Tanık kanıtı, bir vasiyetçinin gerçek iradesini araştırmak için çok önemlidir ve Yargıtay içtihatları birçok standart belirler. Bu kriterlerden bazıları, satış fiyatı ile gayrimenkulün gerçek değeri arasındaki fark, mirasçıların ve müteahhitlerin mali durumu, aile bağları, bölgesel gelenekler, psikolojik nedenler ve satış için gereken paranın terekeden gelip gelmediğidir. Bu durumda devrin amacı mirasçıdan mal kaçırmak olup, asıl amaç bağıştır ve vasiyet edenin malını satmasına gerek yoktur; taşınmazın devredildiği üçüncü kişi (muris muvazaası davasında davalı) devredilen taşınmazı satın alma hakkının bulunmadığı, mirasçının taşınmaz satışı için makul bir gerekçesinin bulunmadığının kanıtlanması gerekir. Kanıtlı komplo iddiaları; tanıklar, bilirkişiler, keşifler ve her türlü hukuki delil ile mümkündür.
Mirastan Mal Kaçırma Davaları Herhangi Bir Süreye Tabi Değildir
Mirastan mal kaçırma davalarında yapılan şüpheli işlemler geçersiz olarak sayıldığından dolayı hiçbir hüküm sonuç doğurmamaktadır. Muvazaalı işlem sonucu gerçekleşen fiilin belirli bir süre geçse de zaman aşımına uğramayacaktır. Bu sebepten ötürü muris muvazaasına dayalı olan tapu işlemleri iptal davaları açılması süresi yoktur. Zaman aşımı olmadığı için ilgili fiilin tespitinden itibaren en kısa süre içerisinde dava açılabilmektedir.
Görevli ve Yetkili Mahkeme
6100 sayılı Hukuk Muhakemeleri Kanunu’na göre bu davalara bakan mahkeme asliye hukuk mahkemesidir. Ölen kişinin muvazaalı olarak açılan tapu iptal davası aynı taşınmazı kapsar ve yetkili mahkeme taşınmazın bulunduğu yer mahkemesidir. Birden fazla gayrimenkul varsa, gayrimenkulün bir parçasının bulunduğu mahkemede dava açılabilir.

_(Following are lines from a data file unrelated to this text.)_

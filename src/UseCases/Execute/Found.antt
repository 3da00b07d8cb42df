-- ===== src/UseCases/Execute/Found.antt =====
-- The subscription that a use case finds.
use webhook_idp.Persistence.{SubscriptionRecord, to_aggregate}
use webhook_idp.UseCases.Ports.{Exception, SubscriptionRepository, read_for}
use webhook_idp.Subscription.Aggregate.{WebhookSubscription, Held}
use webhook_idp.Subscription.Errors.{DomainError}
use webhook_idp.Subscription.TargetUrl.{UrlParser}
use webhook_idp.Subscription.ValueObjects.{
  TenantId, SubscriptionId, tenant_id_from_string, subscription_id_from_string,
}
use webhook_idp.Common.Exec.{Result, ok, err, Result-cases, ◌>>=◌ as bind_result}
use webhook_idp.Common.Text.{Text, ===_iff}
use webhook_idp.Common.{
  ◌≡◌, refl, ap, ◌∙◌, subst, inl, inr, Bool, Option, none, some, [], arith, Option-cases,
}
use webhook_idp.Common.State.{Exec, ◌>>=◌}
use webhook_idp.Persistence.ReadBack.{to_aggregate-IsReadOf, tenant_id-value, subscription_id-value}
use webhook_idp.UseCases.Execute.{World, domain_step, read, call, require, find_existing}
use webhook_idp.UseCases.Execute.Outcome.{SameStore-refl, Reads}

module _ {Db A B : Type 0} where
  pub domain_step-bind :
      (Q : B → Type 0) (r : Result DomainError A) (f : A → Exec (World Db) Exception B)
      (w : World Db)
      → ((a : A) → r ≡ ok a → Reads Q (f a) w)
      → Reads Q (domain_step r >>= f) w
  domain_step-bind Q (ok a) f w k = record { same = (k a refl).same; gives = (k a refl).gives }
  domain_step-bind Q (err e) f w k = record { same = SameStore-refl w; gives = λ b h. cc }

  pub read-bind :
      (Q : B → Type 0) (query : Db → Result Exception A) (f : A → Exec (World Db) Exception B)
      (w : World Db)
      → ((a : A) → query w.db ≡ ok a → Reads Q (f a) w)
      → Reads Q (read query >>= f) w
  read-bind Q query f w k = elim (Result-cases (query w.db)) [
    | inl (a, found) ↦ record {
      same = rw found (k a found).same;
      gives = λ b h. (k a found).gives b (rw found at h);
    }
    | inr (e, failed) ↦ record {
      same = rw failed (SameStore-refl w);
      gives = λ b h. absurd (ground arith);
    }
  ]

module _ {Db : Type 0} where
  pub require-Reads :
      (id : Text) (found : Option WebhookSubscription) (w : World Db)
      → Reads (λ s. found ≡ some s) (require id found) w
  require-Reads id none w = record { same = SameStore-refl w; gives = λ b h. absurd (ground arith) }
  require-Reads id (some s) w = record { same = SameStore-refl w; gives = λ b h. ground arith }

  pub call-Reads :
      (method : Exec Held DomainError (Unit {0})) (s : WebhookSubscription) (w : World Db)
      → Reads
          (λ s'.
            ((method (record { self = s; clock = w.clock })).0 ≡ ok tt)
            × ((method (record { self = s; clock = w.clock })).1.self ≡ s'))
          (call method s)
          w
  call-Reads method s w = elim (Result-cases (method (record { self = s; clock = w.clock })).0) [
    | inl (a, done) ↦ record {
      same = record { db = refl; published = refl; uuids = refl; made = omega arith };
      gives = λ b h. (ground arith, ground arith);
    }
    | inr (e, thrown) ↦ record {
      same = record { db = refl; published = refl; uuids = refl; made = omega arith };
      gives = λ b h. absurd (ground arith);
    }
  ]

read_some :
    (r : Result DomainError WebhookSubscription) (s : WebhookSubscription)
    → bind_result r (λ a. ok (some a)) ≡ ok (some s)
    → r ≡ ok s
read_some (ok a) s h = ground arith
read_some (err e) s h = cc

module _ {is_valid_uuid : Text → Bool} {parse : UrlParser}
    (repo : SubscriptionRepository is_valid_uuid parse) where
  -- `s` was read from the document under `id`, which belongs to `tenant`.
  pub record IsFound (db : repo.Db) (id tenant : Text) (s : WebhookSubscription) : Type 0 where
    pub doc : SubscriptionRecord
    pub held : repo.document db id ≡ some doc
    pub owner : doc.tenant_id ≡ tenant
    pub read_back : to_aggregate is_valid_uuid parse doc ≡ ok s
    pub same_id : s.id.value ≡ id
    pub same_tenant : s.tenant_id.value ≡ tenant
    pub same_status : s.status ≡ doc.status
    pub no_events : s.domain_events ≡ []

  read_for-IsFound :
      (db : repo.Db) (id : SubscriptionId) (tenant : TenantId) (s : WebhookSubscription)
      → read_for is_valid_uuid parse tenant (repo.document db id.value) ≡ ok (some s)
      → IsFound db id.value tenant.value s
  read_for-IsFound db id tenant s h = elim (Option-cases (repo.document db id.value)) [
    | inl e ↦ absurd (ground arith)
    | inr (doc, e) ↦
        let h' : read_for is_valid_uuid parse tenant (some doc) ≡ ok (some s) = rw e at h in
        let owner : doc.tenant_id ≡ tenant.value =
          ground (arith, ===_iff doc.tenant_id tenant.value) in
        let read : to_aggregate is_valid_uuid parse doc ≡ ok s = ground (
          arith,
          ===_iff doc.tenant_id tenant.value,
          read_some (to_aggregate is_valid_uuid parse doc) s,
        ) in
        let r = to_aggregate-IsReadOf is_valid_uuid parse doc s read in
        record {
          doc = doc;
          held = e;
          owner = owner;
          read_back = read;
          same_id = r.id ∙ repo.document-id db id.value doc e;
          same_tenant = r.tenant_id ∙ owner;
          same_status = r.status;
          no_events = r.events;
        }
  ]

  require-IsFound :
      (id tenant : Text) (sid : SubscriptionId) (t : TenantId) (found : Option WebhookSubscription)
      (w : World repo.Db)
      → subscription_id_from_string is_valid_uuid id ≡ ok sid
      → tenant_id_from_string tenant ≡ ok t
      → repo.find_by_id_and_tenant sid t w.db ≡ ok found
      → Reads (IsFound w.db id tenant) (require id found) w
  require-IsFound id tenant sid t found w hid ht hf = record {
    same = (require-Reads id found w).same;
    gives = λ s h.
        let is_some = (require-Reads id found w).gives s h in
        let read = repo.find_by_id-document sid t w.db found hf in
        let key : sid.value ≡ id = subscription_id-value is_valid_uuid id sid hid in
        let owner : t.value ≡ tenant = tenant_id-value tenant t ht in
        subst (λ k. IsFound w.db k tenant s) key
          (subst (λ o. IsFound w.db sid.value o s) owner
            (read_for-IsFound w.db sid t s (read ∙ ap ok is_some)));
  }

  -- What a use case that finds a subscription finds.
  pub find_existing-Reads :
      (id tenant : Text) (w : World repo.Db)
      → Reads (IsFound w.db id tenant) (find_existing repo id tenant) w
  unfolding find_existing
  find_existing-Reads id tenant w =
      domain_step-bind (IsFound w.db id tenant) (subscription_id_from_string is_valid_uuid id) _ w
        λ sid hid.
          domain_step-bind (IsFound w.db id tenant) (tenant_id_from_string tenant) _ w λ t ht.
            read-bind (IsFound w.db id tenant) (repo.find_by_id_and_tenant sid t) _ w
              λ found hf. require-IsFound id tenant sid t found w hid ht hf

Mirastan Mal Kaçırma (Muris Muvazaası) Davasının Sonuçları
Müvekkilin yaptığı alım satım işlemlerinin muvazaalı olduğu yargılama sonucunda tespit edilirse tapuda devrin iptaline karar verilecek ve karar geriye dönük olarak hüküm doğuracaktır. Bu nedenle yasal mirasçılar, miras alınan taşınmaz üzerinde satış ve satın alma işlemi hiç gerçekleşmemiş gibi haklara sahiptir.
İzmir Miras Avukatı
Günümüzde meydana gelen miras anlaşmazlıklarının geneli taraflar arasına mal kaçırma vb. durumlarda ortaya çıkmıştır. Sizlerde bu gibi durumlarla karşı karşıya kaldıysanız İzmir miras avukatı Vural & Altun hukuk bürosundan destek alabilirsiniz.